◆ EXERCISE DESCRIPTION
Compute how many lines in the entries below contain "false", and output nothing but the number.

### MATERIAL SUPPLIED

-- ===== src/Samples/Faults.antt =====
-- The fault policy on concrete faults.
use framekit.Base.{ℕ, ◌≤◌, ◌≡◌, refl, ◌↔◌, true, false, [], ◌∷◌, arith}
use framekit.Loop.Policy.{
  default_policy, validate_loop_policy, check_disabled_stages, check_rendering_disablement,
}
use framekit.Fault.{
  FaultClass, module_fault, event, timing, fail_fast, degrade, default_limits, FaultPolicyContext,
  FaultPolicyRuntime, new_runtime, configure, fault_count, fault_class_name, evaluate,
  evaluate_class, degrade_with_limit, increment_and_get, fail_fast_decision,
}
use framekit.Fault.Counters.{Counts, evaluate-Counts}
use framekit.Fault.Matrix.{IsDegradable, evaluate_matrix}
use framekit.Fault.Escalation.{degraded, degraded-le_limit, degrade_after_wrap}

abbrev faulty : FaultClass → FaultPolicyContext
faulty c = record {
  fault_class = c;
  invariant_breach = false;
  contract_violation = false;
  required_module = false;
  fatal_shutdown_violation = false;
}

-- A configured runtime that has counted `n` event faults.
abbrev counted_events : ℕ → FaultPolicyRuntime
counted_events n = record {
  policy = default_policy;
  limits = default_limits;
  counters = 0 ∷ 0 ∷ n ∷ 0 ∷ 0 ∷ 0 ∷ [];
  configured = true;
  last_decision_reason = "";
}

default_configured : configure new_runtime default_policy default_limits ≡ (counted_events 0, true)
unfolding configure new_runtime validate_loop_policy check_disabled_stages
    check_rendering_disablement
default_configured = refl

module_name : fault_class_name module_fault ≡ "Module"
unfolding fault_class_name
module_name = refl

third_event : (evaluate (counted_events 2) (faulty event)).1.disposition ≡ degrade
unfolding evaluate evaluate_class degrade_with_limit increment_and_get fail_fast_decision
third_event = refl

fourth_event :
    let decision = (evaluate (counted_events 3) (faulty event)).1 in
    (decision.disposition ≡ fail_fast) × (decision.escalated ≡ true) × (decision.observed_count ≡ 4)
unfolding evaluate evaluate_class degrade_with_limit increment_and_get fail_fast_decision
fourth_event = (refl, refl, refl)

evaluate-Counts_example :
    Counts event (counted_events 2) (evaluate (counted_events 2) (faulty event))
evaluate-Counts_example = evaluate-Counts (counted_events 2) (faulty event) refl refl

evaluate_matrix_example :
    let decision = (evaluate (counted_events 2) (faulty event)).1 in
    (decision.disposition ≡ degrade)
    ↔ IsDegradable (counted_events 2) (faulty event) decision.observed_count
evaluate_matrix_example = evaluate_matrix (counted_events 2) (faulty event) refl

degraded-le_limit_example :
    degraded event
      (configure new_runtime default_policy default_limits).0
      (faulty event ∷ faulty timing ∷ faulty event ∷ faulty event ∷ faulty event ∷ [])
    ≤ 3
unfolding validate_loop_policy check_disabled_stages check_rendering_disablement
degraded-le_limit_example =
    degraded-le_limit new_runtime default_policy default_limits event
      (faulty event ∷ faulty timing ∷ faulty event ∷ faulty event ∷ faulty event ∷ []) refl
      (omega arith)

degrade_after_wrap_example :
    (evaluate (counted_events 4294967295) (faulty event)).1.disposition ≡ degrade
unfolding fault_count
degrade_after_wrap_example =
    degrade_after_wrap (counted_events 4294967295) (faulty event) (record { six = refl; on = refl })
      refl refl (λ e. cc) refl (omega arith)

######
### MATERIAL SUPPLIED

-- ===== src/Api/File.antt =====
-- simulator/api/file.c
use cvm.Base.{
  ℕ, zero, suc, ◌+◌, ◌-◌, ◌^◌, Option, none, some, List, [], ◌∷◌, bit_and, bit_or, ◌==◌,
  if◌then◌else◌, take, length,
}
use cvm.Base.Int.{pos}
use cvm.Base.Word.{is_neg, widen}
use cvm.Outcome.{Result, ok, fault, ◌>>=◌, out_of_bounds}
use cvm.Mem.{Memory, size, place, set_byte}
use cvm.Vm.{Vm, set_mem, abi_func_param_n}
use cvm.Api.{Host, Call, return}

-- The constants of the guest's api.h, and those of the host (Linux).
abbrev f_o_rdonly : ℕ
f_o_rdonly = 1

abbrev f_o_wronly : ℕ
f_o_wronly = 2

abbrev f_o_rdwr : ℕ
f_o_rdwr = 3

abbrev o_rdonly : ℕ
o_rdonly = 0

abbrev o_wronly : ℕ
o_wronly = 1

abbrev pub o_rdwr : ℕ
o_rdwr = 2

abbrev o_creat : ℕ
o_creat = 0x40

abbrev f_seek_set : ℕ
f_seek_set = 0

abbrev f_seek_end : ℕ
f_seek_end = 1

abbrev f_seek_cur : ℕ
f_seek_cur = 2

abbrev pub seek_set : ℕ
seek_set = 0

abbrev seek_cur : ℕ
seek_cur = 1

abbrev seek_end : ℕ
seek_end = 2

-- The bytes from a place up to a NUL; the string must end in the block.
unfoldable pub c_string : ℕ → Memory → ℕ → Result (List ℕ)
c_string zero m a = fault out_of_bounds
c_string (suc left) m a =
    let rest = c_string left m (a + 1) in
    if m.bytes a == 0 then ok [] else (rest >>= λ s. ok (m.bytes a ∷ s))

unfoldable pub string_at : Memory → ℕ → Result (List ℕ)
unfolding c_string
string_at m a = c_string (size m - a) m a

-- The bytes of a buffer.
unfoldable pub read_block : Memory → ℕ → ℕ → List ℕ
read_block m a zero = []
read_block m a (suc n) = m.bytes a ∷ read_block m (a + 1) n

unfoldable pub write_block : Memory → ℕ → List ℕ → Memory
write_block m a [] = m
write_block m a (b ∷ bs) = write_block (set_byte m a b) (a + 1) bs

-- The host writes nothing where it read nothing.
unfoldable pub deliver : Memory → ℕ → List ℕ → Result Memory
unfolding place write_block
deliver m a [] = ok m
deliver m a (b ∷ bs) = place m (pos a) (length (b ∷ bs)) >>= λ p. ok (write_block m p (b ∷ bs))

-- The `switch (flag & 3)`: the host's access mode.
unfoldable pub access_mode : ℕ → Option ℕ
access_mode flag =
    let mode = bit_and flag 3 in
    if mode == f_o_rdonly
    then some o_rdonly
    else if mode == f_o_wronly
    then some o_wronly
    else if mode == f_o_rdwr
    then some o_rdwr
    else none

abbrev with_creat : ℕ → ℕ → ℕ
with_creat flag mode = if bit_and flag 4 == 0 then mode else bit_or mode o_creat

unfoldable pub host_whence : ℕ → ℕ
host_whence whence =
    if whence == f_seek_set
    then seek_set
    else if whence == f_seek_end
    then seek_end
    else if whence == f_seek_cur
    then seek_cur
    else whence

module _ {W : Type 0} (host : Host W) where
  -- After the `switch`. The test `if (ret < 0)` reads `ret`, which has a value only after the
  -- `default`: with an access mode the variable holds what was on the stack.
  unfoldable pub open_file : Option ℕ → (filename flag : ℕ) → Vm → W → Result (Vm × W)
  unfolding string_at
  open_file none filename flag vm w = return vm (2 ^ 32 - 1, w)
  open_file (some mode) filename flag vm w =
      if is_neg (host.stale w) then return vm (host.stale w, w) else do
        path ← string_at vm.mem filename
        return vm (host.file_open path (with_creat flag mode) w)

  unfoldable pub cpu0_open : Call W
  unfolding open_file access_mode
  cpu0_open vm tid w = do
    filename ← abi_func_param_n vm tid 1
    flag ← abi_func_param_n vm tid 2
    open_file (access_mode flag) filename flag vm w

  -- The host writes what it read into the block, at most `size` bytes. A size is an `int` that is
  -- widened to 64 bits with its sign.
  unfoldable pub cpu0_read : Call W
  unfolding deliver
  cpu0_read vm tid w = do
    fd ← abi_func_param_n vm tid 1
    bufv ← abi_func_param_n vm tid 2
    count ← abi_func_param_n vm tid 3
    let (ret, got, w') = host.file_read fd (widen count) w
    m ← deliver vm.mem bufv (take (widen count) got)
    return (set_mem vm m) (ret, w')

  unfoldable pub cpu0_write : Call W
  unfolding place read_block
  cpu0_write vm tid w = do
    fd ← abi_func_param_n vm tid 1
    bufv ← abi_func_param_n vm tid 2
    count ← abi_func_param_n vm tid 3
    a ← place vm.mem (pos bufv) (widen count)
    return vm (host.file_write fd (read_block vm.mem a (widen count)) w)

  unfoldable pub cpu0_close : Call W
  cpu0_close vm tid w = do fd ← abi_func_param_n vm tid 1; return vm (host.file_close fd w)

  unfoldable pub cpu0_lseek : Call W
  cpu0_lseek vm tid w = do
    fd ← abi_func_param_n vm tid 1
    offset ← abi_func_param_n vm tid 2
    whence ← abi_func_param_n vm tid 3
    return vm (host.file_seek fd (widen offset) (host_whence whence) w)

######

◆ OUTPUT OF THE EXERCISE
5